[Dataset excerpts]
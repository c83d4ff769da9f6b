-- ===== src/PromptCache/Totals.antt =====
-- The totals of `summarize` against its parts.
use kry.Base.{ℕ, ◌+◌, ◌≡◌, arith, List, [], ◌∷◌, Option, length}
use kry.Base.Texts.{Text}
use kry.Base.Dicts.{lookup, insert}
use kry.Python.{Value}
use kry.PromptCache.Valuation.{
  Usage, Priced, Valuation, priced, unpriced, modifier_excluded, malformed, value_record,
}
use kry.PromptCache.Summary.{
  Bucket, empty_bucket, add_priced, Summary, empty_summary, add_to_model, add_valuation,
  summarize_from, summarize,
}

-- One figure of the buckets, added up over the models.
unfoldable pub sum_by : (Bucket → ℕ) → List (Text × Bucket) → ℕ
sum_by f [] = 0
sum_by f ((k, b) ∷ d) = f b + sum_by f d

-- A figure that starts at 0, and to which a priced call adds a number of its own.
pub record IsFigure (f : Bucket → ℕ) (g : Priced → ℕ) : Type 0 where
  pub starts : f empty_bucket ≡ 0
  pub adds : (p : Priced) (b : Bucket) → f (add_priced p b) ≡ f b + g p

module _ (f : Bucket → ℕ) (g : Priced → ℕ) (figure : IsFigure f g) where
  sum_by-add_to_model :
      (k : Text) (p : Priced) (d : List (Text × Bucket))
      → sum_by f (add_to_model k p d) ≡ sum_by f d + g p
  unfolding sum_by add_to_model lookup insert
  sum_by-add_to_model k p [] = omega (arith, figure.starts, figure.adds p empty_bucket)
  sum_by-add_to_model k p ((j, b) ∷ d) = ground (arith, sum_by-add_to_model k p d, figure.adds p b)

  add_valuation-sum :
      (s : Summary) (v : Valuation)
      → f s.totals ≡ sum_by f s.by_model
      → f (add_valuation s v).totals ≡ sum_by f (add_valuation s v).by_model
  unfolding add_valuation
  add_valuation-sum s (priced k p) e =
      omega (arith, e, figure.adds p s.totals, sum_by-add_to_model k p s.by_model)
  add_valuation-sum s (unpriced m) e = e
  add_valuation-sum s (modifier_excluded k) e = e
  add_valuation-sum s (malformed k) e = e

  summarize_from-sum :
      (s : Summary) (calls : List (Value × Option Usage))
      → f s.totals ≡ sum_by f s.by_model
      → f (summarize_from s calls).totals ≡ sum_by f (summarize_from s calls).by_model
  unfolding summarize_from
  summarize_from-sum s [] e = e
  summarize_from-sum s ((m, u) ∷ calls) e =
      summarize_from-sum (add_valuation s (value_record m u)) calls
        (add_valuation-sum s (value_record m u) e)

  -- Any figure of the totals that grows by a number of each priced call is the sum of that figure over the
  -- models.
  pub summarize-sum :
      (calls : List (Value × Option Usage))
      → f (summarize calls).totals ≡ sum_by f (summarize calls).by_model
  unfolding summarize sum_by
  summarize-sum calls = summarize_from-sum empty_summary calls figure.starts

-- Every call that was counted, whatever came of it.
abbrev pub all_records : Summary → ℕ
all_records s =
    s.totals.records + s.unpriced_records + s.modifier_excluded_records + s.malformed_records

all_records-add_valuation :
    (s : Summary) (v : Valuation) → all_records (add_valuation s v) ≡ all_records s + 1
unfolding add_valuation
all_records-add_valuation s (priced k p) = omega arith
all_records-add_valuation s (unpriced m) = omega arith
all_records-add_valuation s (modifier_excluded k) = omega arith
all_records-add_valuation s (malformed k) = omega arith

all_records-from :
    (s : Summary) (calls : List (Value × Option Usage))
    → all_records (summarize_from s calls) ≡ all_records s + length calls
unfolding summarize_from
all_records-from s [] = omega arith
all_records-from s ((m, u) ∷ calls) = omega (
  arith,
  all_records-from (add_valuation s (value_record m u)) calls,
  all_records-add_valuation s (value_record m u),
)

-- The calls that are priced, unpriced, excluded and malformed add up to all the calls.
pub all_records-summarize :
    (calls : List (Value × Option Usage)) → all_records (summarize calls) ≡ length calls
unfolding summarize
all_records-summarize calls = omega (arith, all_records-from empty_summary calls)
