-- ===== src/PromptCache/Tests.antt =====
-- A call with cache writes, with and without their split, and a summary of it.
use kry.Base.{ℕ, ◌≡◌, refl, Bool, true, false, none, some, Option, List, [], ◌∷◌}
use kry.Base.Int.{pos}
use kry.Base.Texts.{Text, codes, text_eq, mem_text}
use kry.Base.Dicts.{lookup, insert}
use kry.Python.{Value, int, str}
use kry.PromptCache.Prices.{anthropic_prices, aliases, no_stated_long_context_rate, openai_prices}
use kry.PromptCache.Valuation.{
  Item, plain, Usage, Priced, priced, minus, value_record, value_anthropic, value_counts,
  price_anthropic, split_of, count, beyond_stated_context, model_key, value_keyed, openai_key,
  value_openai, value_details, price_openai,
}
use kry.PromptCache.Understated.{cache_creation, with_split, IsAtMost, value_record-understated}
use kry.PromptCache.Summary.{summarize}
use kry.PromptCache.Totals.{sum_by, IsFigure, summarize-sum, all_records, all_records-summarize}

abbrev tokens : ℕ → Item
tokens n = plain (int (pos n))

abbrev opus_model : Value
opus_model = str (codes "claude-opus-5")

abbrev unsplit_usage : Usage
unsplit_usage =
    (codes "input_tokens", tokens 100)
    ∷ (codes "cache_read_input_tokens", tokens 1000)
    ∷ (codes "cache_creation_input_tokens", tokens 40)
    ∷ []

abbrev five_minutes : List (Text × Value)
five_minutes = (codes "ephemeral_5m_input_tokens", int (pos 40)) ∷ []

abbrev opus_valuation : ℕ → ℕ → Bool → ℕ → Priced
opus_valuation a b assumed actual = record {
  input = 100;
  cache_read = 1000;
  cache_write_5m = a;
  cache_write_1h = b;
  ttl_assumed_1h = assumed;
  without_caching = 5700000;
  actual = actual;
  saving = minus 5700000 actual;
}

evaluated : ℕ
unfolding value_record value_keyed value_anthropic value_counts price_anthropic split_of count
    beyond_stated_context model_key anthropic_prices aliases no_stated_long_context_rate lookup
    insert text_eq mem_text openai_key openai_prices value_openai value_details price_openai
evaluated = 0

without_split :
    value_record opus_model (some unsplit_usage)
    ≡ priced (codes "claude-opus-5") (opus_valuation 0 40 true 1400000)
unfolding evaluated
without_split = refl

split_stated :
    value_record opus_model (some (with_split five_minutes unsplit_usage))
    ≡ priced (codes "claude-opus-5") (opus_valuation 40 0 false 1250000)
unfolding evaluated
split_stated = refl

no_split : lookup cache_creation unsplit_usage ≡ none
unfolding evaluated
no_split = refl

value_record-understated_example :
    IsAtMost (opus_valuation 0 40 true 1400000) (opus_valuation 40 0 false 1250000)
value_record-understated_example =
    value_record-understated opus_model unsplit_usage five_minutes (codes "claude-opus-5")
      (codes "claude-opus-5") (opus_valuation 0 40 true 1400000) (opus_valuation 40 0 false 1250000)
      no_split without_split split_stated

abbrev three_calls : List (Value × Option Usage)
three_calls =
    (opus_model, some unsplit_usage)
    ∷ (str (codes "gpt-2"), none)
    ∷ (opus_model, some (with_split five_minutes unsplit_usage))
    ∷ []

actual-IsFigure : IsFigure (λ b. b.actual) (λ p. p.actual)
actual-IsFigure = record { starts = refl; adds = λ p b. refl }

summarize-sum_example :
    (summarize three_calls).totals.actual ≡ sum_by (λ b. b.actual) (summarize three_calls).by_model
summarize-sum_example = summarize-sum (λ b. b.actual) (λ p. p.actual) actual-IsFigure three_calls

all_records-summarize_example : all_records (summarize three_calls) ≡ 3
all_records-summarize_example = all_records-summarize three_calls
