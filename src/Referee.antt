-- ===== src/Referee.antt =====
-- src/kry/kry_referee.py: the review of gate decisions, and the rules that an operator sanctions.
pub mod Rules
pub mod Keys
pub mod Review
pub mod Calls
pub mod Passes
pub mod Verdicts
mod Tests
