-- ===== src/Referee/Rules.antt =====
-- The sanctioned rules and the escalation log: `escalate_quarantine`, `ratify_ascension`, `is_sanctioned`
-- and `revoke_ascension`.  A call is one step: each holds its locks throughout, except that `ratify_ascension`
-- checks the token and the escalation before it takes the lock on the rules.  Whether a write reaches
-- the disk is an argument.  A file of rules is absent, invalid, or read as `_normalise_sanctioned` gives it.
use kry.Base.{
  ℕ, ◌+◌, Bool, true, false, ◌&&◌, leb, if◌then◌else◌, Option, none, some, List, [], ◌∷◌, ◌++◌,
  length,
}
use kry.Base.Texts.{Text, codes, text_eq}
use kry.Base.Dicts.{lookup, insert}
use kry.Base.Results.{Result, ok, err, value_error}
use kry.Double.{Double, sub, lt}

pub record Rule : Type 0 where
  pub uses : ℕ
  pub cap : ℕ
  pub ratified_ts : Double

abbrev pub Rules : Type 0
Rules = List (Text × Rule)

pub data RulesFile : Type 0 where
  no_rules invalid_rules : RulesFile
  rules : Rules → RulesFile

unfoldable pub load_sanctioned : RulesFile → Result Rules
load_sanctioned no_rules = ok []
load_sanctioned invalid_rules = err value_error
load_sanctioned (rules d) = ok d

-- `f"{gate_class}:{rule}"`
unfoldable pub rule_key : Text → Text → Text
rule_key gate_class rule = gate_class ++ (b':' ∷ rule)

pub data EscalationStatus : Type 0 where
  pending_operator_review revoked : EscalationStatus

-- A line of the escalation log; a line that is no JSON object stops the search.
pub record Escalation : Type 0 where
  pub gate_class : Text
  pub rule : Text
  pub status : EscalationStatus

pub data LogLine : Type 0 where
  escalation : Escalation → LogLine
  unreadable_line : LogLine

pub record Referee : Type 0 where
  pub sanctioned : RulesFile
  pub escalations : List LogLine
  pub esc_times : List (Text × List Double)

abbrev is_pending_of : Text → Text → Escalation → Bool
is_pending_of c r e =
    text_eq e.gate_class c
    && text_eq e.rule r
    && elim e.status [ pending_operator_review ↦ true | revoked ↦ false ]

unfoldable pub pending_escalation_exists : Text → Text → List LogLine → Bool
unfolding text_eq
pending_escalation_exists c r [] = false
pending_escalation_exists c r (unreadable_line ∷ ls) = false
pending_escalation_exists c r (escalation e ∷ ls) =
    let rest = pending_escalation_exists c r ls in if is_pending_of c r e then true else rest

pub data Escalated : Type 0 where
  escalation_id : Text → Escalated
  rejected_budget rejected_write : Escalated

unfoldable pub within_window : Double → Double → List Double → List Double
unfolding lt sub
within_window window now [] = []
within_window window now (t ∷ ts) =
    let rest = within_window window now ts in if lt (sub now t) window then t ∷ rest else rest

abbrev pub or_no_times : Option (List Double) → List Double
or_no_times none = []
or_no_times (some ts) = ts

abbrev pub append_line : Bool → LogLine → List LogLine → List LogLine
append_line true l ls = ls ++ l ∷ []
append_line false l ls = ls

-- The budget counts an escalation whose line could not be written.
unfoldable pub escalate_quarantine :
    ℕ → Double → Text → Text → Double → Bool → Referee → Escalated × Referee
unfolding within_window lookup insert rule_key
escalate_quarantine budget window c r now written s =
    let times = within_window window now (or_no_times (lookup c s.esc_times)) in
    if leb budget (length times) then (rejected_budget, s) else (
      if written then escalation_id (codes "ESC-" ++ rule_key c r) else rejected_write,
      record s {
        esc_times = insert c (times ++ now ∷ []) s.esc_times;
        escalations =
            append_line written
              (escalation (record { gate_class = c; rule = r; status = pending_operator_review }))
              s.escalations;
      },
    )

-- The first text is the operator's own token; an empty token never matches.
abbrev pub is_operator : Text → Text → Bool
is_operator secret [] = false
is_operator secret (c ∷ token) = text_eq (c ∷ token) secret

abbrev pub save : Bool → Rules → RulesFile → RulesFile
save true d f = rules d
save false d f = f

unfoldable pub ratify_loaded :
    ℕ → Text → Double → Bool → RulesFile → Result Rules → Bool × RulesFile
unfolding insert
ratify_loaded cap key now saved f (err e) = (false, f)
ratify_loaded cap key now saved f (ok d) =
    (saved, save saved (insert key (record { uses = 0; cap = cap; ratified_ts = now }) d) f)

unfoldable pub ratify_ascension :
    ℕ → Text → Text → Text → Text → Double → Bool → Referee → Bool × Referee
unfolding ratify_loaded load_sanctioned rule_key pending_escalation_exists text_eq
ratify_ascension cap secret c r token now saved s =
    if is_operator secret token && pending_escalation_exists c r s.escalations
    then (let (done, f) =
          ratify_loaded cap (rule_key c r) now saved s.sanctioned (load_sanctioned s.sanctioned) in
        (done, record s { sanctioned = f }))
    else (false, s)

unfoldable pub use_rule : Text → Bool → RulesFile → Rules → Option Rule → Bool × RulesFile
unfolding insert
use_rule key saved f d none = (false, f)
use_rule key saved f d (some r) =
    if leb r.cap r.uses
    then (false, f)
    else (saved, save saved (insert key (record r { uses = r.uses + 1 }) d) f)

unfoldable pub use_loaded : Text → Bool → RulesFile → Result Rules → Bool × RulesFile
unfolding use_rule lookup
use_loaded key saved f (err e) = (false, f)
use_loaded key saved f (ok d) = use_rule key saved f d (lookup key d)

unfoldable pub is_sanctioned : Text → Text → Bool → RulesFile → Bool × RulesFile
unfolding use_loaded load_sanctioned rule_key
is_sanctioned c r saved f = use_loaded (rule_key c r) saved f (load_sanctioned f)

-- `sanctioned.pop(key, None)`
unfoldable pub removed : Text → Rules → Rules
unfolding text_eq
removed key [] = []
removed key ((k, r) ∷ d) = let rest = removed key d in if text_eq k key then rest else (k, r) ∷ rest

-- The log line of a revocation may be lost; the rule is revoked all the same.
unfoldable pub revoke_found :
    Text → Text → Bool → Bool → Referee → Rules → Option Rule → Bool × Referee
unfolding removed rule_key
revoke_found c r saved logged s d none = (false, s)
revoke_found c r saved logged s d (some x) =
    if saved
    then (
      true,
      record s {
        sanctioned = rules (removed (rule_key c r) d);
        escalations =
            append_line logged (escalation (record { gate_class = c; rule = r; status = revoked }))
              s.escalations;
      },
    )
    else (false, s)

unfoldable pub revoke_loaded : Text → Text → Bool → Bool → Referee → Result Rules → Bool × Referee
unfolding revoke_found lookup
revoke_loaded c r saved logged s (err e) = (false, s)
revoke_loaded c r saved logged s (ok d) =
    revoke_found c r saved logged s d (lookup (rule_key c r) d)

unfoldable pub revoke_ascension : Text → Text → Text → Text → Bool → Bool → Referee → Bool × Referee
unfolding revoke_loaded load_sanctioned text_eq
revoke_ascension secret c r token saved logged s =
    if is_operator secret token
    then revoke_loaded c r saved logged s (load_sanctioned s.sanctioned)
    else (false, s)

Task requirements: Repeat exactly the lines of the data from the first one through the line with "-- One figure", both of them included.

Solution for this problem:
repository c83d4ff769da9f6b
-- ===== src/PromptCache/Totals.antt =====
-- The totals of `summarize` against its parts.
use kry.Base.{ℕ, ◌+◌, ◌≡◌, arith, List, [], ◌∷◌, Option, length}
use kry.Base.Texts.{Text}
use kry.Base.Dicts.{lookup, insert}
use kry.Python.{Value}
use kry.PromptCache.Valuation.{
  Usage, Priced, Valuation, priced, unpriced, modifier_excluded, malformed, value_record,
}
use kry.PromptCache.Summary.{
  Bucket, empty_bucket, add_priced, Summary, empty_summary, add_to_model, add_valuation,
  summarize_from, summarize,
}

-- One figure of the buckets, added up over the models.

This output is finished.